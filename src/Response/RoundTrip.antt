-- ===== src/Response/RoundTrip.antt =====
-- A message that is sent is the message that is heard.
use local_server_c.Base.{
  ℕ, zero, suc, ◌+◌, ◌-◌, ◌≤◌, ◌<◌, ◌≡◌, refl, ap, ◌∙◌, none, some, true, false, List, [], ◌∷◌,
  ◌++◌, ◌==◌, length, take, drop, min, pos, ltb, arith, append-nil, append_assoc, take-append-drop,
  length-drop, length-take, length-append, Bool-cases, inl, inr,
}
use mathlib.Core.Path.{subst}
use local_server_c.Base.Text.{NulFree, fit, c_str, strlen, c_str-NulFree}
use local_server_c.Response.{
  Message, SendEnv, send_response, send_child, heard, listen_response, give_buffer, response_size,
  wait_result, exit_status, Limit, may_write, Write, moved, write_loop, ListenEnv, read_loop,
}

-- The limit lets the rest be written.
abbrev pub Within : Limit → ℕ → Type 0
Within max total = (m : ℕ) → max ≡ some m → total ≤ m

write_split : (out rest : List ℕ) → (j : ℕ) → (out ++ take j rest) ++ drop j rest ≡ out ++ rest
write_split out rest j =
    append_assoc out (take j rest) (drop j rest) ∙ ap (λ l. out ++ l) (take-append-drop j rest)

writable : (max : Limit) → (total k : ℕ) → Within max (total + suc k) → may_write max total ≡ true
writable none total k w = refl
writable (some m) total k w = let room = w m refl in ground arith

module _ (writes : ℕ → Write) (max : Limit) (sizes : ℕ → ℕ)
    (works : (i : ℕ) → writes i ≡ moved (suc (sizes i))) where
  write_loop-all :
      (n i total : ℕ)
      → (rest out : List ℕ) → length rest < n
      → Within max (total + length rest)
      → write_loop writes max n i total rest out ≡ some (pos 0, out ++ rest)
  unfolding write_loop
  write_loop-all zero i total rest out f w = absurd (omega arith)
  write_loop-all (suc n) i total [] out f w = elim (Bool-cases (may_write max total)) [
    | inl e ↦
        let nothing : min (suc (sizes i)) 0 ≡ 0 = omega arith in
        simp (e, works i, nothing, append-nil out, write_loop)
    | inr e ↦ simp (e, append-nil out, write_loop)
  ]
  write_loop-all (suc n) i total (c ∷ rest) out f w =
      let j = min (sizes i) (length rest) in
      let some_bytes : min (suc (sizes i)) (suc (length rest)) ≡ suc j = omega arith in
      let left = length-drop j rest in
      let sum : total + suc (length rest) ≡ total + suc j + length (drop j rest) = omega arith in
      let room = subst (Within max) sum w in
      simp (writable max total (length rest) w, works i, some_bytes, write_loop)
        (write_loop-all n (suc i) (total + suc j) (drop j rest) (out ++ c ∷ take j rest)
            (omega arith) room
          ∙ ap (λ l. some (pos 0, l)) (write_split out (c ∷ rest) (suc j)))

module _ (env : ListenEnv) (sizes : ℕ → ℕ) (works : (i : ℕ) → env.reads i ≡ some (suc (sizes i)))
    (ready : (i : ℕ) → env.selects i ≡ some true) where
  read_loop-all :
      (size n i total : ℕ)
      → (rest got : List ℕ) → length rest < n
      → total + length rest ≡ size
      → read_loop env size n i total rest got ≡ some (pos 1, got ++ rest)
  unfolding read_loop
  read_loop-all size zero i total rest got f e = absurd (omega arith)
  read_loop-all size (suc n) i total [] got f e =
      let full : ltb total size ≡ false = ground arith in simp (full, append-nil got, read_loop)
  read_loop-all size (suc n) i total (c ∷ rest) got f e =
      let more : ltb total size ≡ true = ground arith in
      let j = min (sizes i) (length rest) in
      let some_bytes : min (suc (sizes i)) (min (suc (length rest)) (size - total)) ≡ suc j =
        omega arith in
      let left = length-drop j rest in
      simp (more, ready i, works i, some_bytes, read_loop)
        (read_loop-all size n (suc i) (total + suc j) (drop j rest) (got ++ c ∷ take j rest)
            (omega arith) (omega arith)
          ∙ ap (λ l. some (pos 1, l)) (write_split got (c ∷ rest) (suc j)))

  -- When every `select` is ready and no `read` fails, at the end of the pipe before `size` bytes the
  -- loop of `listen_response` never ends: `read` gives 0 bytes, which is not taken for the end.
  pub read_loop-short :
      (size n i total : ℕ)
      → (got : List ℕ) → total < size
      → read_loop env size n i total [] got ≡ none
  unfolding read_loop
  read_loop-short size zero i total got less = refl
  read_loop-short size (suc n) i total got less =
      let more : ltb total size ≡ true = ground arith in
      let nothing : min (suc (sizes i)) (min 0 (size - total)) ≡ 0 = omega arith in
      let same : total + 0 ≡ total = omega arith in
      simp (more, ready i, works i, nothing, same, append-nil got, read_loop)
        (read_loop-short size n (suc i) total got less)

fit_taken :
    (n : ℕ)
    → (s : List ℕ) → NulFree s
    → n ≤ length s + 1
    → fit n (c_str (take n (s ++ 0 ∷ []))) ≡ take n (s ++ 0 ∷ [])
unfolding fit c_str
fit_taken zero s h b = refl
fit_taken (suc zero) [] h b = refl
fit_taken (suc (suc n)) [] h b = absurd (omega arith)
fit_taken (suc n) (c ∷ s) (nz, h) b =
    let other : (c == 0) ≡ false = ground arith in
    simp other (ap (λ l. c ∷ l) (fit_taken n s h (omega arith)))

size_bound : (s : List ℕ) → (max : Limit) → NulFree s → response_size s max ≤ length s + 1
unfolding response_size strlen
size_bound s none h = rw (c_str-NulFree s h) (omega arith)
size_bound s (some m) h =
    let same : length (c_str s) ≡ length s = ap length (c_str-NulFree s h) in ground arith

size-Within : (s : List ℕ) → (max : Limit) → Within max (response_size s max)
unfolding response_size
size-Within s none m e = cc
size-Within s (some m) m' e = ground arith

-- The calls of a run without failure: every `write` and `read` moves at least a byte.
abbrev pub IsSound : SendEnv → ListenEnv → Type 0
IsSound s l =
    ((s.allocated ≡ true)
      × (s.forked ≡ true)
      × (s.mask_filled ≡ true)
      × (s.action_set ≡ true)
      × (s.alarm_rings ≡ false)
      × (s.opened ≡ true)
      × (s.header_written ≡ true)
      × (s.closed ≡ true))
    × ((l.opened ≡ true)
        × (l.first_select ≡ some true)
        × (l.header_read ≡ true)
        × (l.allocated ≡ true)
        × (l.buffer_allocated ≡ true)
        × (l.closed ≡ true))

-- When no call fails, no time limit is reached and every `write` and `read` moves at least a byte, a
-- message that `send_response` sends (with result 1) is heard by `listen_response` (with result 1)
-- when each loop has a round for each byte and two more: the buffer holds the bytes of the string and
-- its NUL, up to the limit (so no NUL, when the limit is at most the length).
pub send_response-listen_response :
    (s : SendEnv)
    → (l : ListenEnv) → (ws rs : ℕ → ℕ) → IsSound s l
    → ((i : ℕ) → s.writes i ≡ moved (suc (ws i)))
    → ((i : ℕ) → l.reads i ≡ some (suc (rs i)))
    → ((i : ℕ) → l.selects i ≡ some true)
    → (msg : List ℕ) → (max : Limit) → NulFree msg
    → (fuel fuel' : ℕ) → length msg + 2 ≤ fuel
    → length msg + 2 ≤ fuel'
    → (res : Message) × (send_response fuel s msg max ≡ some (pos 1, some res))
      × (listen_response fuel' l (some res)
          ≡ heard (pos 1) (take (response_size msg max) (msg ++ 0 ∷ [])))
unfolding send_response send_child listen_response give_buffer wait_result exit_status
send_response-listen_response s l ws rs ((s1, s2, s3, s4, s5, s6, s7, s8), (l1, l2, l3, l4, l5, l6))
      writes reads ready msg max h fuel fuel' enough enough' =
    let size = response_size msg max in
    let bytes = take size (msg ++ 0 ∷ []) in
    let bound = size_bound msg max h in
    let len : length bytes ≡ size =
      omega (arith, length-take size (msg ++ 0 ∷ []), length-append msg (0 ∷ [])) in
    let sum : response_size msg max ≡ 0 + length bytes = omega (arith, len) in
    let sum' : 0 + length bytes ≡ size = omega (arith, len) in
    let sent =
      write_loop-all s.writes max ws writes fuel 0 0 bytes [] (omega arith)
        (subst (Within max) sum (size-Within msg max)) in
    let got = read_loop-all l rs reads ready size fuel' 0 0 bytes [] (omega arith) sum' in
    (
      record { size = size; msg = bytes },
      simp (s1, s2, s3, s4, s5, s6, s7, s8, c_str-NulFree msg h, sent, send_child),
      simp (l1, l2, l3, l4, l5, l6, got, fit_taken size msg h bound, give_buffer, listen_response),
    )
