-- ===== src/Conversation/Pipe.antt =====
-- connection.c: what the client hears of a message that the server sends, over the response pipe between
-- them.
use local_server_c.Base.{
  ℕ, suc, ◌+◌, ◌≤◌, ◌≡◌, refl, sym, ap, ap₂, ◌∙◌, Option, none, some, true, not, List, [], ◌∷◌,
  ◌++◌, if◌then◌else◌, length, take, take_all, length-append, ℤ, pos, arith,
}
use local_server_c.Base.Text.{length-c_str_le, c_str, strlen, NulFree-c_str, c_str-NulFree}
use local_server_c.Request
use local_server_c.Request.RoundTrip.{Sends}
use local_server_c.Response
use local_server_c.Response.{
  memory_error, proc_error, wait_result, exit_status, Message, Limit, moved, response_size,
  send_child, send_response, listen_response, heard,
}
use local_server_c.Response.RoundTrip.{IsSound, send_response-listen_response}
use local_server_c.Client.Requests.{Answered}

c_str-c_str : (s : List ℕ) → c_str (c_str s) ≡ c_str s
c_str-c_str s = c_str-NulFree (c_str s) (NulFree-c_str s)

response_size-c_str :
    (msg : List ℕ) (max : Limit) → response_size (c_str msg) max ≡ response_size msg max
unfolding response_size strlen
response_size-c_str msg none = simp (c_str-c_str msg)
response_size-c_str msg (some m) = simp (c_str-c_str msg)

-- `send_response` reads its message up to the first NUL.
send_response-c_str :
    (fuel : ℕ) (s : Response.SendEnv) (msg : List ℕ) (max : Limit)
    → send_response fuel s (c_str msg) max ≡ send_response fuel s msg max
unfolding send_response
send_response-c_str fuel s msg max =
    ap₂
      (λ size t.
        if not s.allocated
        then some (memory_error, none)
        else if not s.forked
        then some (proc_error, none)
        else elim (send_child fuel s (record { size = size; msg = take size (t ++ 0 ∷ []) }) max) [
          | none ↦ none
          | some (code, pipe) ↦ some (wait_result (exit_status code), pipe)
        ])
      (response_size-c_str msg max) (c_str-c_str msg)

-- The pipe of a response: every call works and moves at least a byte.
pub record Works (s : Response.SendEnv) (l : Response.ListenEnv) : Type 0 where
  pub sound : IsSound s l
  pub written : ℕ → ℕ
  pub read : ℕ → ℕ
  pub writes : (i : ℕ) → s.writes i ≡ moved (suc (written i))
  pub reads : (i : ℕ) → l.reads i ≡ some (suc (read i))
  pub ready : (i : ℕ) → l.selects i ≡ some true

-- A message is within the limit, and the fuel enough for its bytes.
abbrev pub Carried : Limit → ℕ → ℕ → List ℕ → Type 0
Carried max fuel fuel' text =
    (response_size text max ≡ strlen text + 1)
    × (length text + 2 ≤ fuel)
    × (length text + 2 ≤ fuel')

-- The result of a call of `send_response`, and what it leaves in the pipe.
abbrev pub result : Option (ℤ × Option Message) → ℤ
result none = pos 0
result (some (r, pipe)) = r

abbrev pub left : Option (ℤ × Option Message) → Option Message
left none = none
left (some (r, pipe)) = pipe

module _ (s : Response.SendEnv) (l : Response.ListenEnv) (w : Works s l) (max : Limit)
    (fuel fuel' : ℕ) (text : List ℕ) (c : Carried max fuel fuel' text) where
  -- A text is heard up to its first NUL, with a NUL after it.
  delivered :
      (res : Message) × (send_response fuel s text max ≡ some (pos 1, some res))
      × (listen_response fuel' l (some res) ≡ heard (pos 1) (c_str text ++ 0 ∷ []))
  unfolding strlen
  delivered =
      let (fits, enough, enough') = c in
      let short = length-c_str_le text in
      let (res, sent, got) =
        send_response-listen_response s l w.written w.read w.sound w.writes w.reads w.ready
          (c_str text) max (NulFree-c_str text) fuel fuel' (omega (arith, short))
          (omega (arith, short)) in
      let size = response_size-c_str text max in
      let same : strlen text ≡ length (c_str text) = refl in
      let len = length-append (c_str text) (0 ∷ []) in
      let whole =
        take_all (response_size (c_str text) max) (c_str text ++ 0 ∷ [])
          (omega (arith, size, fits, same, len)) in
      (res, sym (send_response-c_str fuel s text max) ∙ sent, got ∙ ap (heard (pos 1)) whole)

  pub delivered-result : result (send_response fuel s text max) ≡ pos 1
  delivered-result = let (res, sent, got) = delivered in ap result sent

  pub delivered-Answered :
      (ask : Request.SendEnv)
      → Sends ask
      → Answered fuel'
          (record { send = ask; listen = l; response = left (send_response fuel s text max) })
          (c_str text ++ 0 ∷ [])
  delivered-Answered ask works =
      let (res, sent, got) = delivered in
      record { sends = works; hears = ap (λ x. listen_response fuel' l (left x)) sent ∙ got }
------------------------------------
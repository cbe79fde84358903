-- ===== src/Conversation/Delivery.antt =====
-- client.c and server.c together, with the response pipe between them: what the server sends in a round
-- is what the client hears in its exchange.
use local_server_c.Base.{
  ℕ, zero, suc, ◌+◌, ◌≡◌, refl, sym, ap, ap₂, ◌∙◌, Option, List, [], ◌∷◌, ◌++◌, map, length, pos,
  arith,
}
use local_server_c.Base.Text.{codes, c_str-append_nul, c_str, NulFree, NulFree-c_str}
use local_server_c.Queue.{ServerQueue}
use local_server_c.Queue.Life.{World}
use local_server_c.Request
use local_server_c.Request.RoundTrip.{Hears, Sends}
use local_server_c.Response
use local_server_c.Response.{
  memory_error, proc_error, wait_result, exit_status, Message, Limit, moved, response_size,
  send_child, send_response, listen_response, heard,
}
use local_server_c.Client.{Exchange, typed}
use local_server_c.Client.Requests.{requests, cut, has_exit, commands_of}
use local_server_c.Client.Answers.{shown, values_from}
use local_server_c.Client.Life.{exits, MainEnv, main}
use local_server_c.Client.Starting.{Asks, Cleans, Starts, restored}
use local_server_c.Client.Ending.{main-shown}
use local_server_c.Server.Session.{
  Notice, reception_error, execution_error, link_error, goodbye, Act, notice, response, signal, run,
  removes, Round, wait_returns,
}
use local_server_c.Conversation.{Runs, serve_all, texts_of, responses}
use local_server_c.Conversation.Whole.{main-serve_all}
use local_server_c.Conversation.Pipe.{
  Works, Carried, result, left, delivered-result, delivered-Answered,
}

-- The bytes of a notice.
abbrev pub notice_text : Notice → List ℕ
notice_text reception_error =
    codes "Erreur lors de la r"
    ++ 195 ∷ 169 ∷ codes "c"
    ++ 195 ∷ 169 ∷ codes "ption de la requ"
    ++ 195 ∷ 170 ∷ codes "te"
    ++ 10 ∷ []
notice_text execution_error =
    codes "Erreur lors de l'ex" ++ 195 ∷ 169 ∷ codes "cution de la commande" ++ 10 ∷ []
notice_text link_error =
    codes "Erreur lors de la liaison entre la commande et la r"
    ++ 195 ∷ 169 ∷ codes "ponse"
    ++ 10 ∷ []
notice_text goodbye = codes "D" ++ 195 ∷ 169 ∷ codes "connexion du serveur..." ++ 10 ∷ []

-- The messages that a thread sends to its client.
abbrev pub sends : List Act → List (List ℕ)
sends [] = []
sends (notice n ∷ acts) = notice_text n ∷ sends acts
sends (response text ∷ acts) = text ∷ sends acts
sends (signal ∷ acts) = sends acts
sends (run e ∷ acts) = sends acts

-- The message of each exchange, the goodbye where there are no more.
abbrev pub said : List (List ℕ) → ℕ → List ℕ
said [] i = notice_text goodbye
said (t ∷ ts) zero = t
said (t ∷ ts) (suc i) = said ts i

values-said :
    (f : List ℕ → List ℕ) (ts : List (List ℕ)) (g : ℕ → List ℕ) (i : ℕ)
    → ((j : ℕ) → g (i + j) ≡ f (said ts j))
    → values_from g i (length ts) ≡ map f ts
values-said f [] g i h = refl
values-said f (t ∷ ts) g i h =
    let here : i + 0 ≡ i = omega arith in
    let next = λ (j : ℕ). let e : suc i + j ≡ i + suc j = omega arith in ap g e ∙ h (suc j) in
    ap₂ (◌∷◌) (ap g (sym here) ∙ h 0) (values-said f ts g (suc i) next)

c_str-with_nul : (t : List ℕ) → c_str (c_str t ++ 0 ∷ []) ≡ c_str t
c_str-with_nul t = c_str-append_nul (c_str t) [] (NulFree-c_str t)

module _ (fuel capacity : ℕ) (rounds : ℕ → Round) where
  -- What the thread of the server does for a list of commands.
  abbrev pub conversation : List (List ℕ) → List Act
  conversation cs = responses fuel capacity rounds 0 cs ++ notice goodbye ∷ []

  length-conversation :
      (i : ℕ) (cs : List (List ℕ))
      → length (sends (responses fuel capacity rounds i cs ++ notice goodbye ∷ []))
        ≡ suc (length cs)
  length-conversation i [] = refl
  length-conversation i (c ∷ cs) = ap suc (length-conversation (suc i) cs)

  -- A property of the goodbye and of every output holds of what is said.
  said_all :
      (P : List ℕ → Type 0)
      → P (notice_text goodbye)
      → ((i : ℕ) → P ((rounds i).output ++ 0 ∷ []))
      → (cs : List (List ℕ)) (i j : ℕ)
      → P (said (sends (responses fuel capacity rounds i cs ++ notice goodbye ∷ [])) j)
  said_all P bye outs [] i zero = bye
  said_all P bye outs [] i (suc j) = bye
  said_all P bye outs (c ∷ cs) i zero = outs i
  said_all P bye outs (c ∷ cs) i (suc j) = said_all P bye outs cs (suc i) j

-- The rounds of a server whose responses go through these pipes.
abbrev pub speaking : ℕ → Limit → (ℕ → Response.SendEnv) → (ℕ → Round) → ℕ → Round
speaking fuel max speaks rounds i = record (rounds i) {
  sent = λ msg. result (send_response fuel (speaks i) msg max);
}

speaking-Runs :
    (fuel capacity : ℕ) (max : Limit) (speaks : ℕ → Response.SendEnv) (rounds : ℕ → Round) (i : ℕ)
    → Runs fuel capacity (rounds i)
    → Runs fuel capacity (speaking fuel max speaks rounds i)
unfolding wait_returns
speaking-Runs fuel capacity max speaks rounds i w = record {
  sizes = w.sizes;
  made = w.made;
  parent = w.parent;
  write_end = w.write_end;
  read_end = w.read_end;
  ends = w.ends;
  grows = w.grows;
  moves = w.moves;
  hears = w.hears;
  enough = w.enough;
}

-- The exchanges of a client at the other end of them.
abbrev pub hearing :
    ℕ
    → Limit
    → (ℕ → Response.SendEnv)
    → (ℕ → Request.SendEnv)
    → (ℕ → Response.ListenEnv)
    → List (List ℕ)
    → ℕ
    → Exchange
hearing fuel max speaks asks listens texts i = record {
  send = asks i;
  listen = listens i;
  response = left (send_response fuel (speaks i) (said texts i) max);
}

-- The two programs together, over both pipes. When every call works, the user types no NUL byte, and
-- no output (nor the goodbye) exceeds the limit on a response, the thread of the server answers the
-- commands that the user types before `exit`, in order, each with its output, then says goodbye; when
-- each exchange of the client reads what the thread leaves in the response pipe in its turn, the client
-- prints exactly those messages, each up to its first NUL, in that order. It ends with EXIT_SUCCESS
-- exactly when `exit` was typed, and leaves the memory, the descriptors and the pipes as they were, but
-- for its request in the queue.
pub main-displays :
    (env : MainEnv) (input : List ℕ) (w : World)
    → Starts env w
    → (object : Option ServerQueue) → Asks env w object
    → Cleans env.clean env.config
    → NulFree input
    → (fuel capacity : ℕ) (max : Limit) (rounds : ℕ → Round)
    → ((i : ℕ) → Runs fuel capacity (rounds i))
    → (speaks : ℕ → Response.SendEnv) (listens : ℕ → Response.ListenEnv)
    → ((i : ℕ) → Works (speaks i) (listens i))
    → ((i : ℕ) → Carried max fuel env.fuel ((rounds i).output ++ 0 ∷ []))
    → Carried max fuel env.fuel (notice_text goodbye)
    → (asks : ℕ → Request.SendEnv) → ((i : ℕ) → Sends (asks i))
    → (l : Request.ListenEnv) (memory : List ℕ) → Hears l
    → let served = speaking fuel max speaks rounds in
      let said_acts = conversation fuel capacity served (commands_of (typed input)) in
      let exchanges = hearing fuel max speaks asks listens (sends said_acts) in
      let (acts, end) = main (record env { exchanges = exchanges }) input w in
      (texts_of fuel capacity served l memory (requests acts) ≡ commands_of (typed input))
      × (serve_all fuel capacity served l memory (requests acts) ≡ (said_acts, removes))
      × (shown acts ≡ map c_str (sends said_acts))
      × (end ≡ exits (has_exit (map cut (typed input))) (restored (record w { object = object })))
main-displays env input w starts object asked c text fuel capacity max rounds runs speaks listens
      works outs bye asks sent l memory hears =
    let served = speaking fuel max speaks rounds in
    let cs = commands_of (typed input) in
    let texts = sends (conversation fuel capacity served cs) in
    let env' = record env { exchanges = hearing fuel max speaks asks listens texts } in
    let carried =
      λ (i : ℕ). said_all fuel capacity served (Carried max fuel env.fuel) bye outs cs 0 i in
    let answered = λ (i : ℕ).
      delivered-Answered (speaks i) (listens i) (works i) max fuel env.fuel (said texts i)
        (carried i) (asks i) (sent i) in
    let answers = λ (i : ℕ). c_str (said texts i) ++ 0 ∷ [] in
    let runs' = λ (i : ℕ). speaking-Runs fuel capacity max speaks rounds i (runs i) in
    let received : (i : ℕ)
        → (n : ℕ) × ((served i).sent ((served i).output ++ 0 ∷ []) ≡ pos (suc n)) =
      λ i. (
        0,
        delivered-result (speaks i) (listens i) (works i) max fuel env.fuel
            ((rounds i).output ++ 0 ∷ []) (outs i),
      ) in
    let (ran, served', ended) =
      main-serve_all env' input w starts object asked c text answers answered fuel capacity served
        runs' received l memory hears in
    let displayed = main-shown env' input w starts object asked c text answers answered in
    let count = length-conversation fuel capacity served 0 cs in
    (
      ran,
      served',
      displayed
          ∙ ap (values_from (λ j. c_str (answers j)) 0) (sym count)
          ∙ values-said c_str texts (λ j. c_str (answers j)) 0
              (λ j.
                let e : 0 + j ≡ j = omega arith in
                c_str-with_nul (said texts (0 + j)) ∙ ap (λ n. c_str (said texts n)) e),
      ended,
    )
------------------------------------
**WHAT YOU WILL DO:** Find every line in the records above that holds the word "next", and copy each one.

**RESPONSE TO THE EXERCISE:**
    let next = λ (j : ℕ). let e : suc i + j ≡ i + suc j = omega arith in ap g e ∙ h (suc j) in
    ap₂ (◌∷◌) (ap g (sym here) ∙ h 0) (values-said f ts g (suc i) next)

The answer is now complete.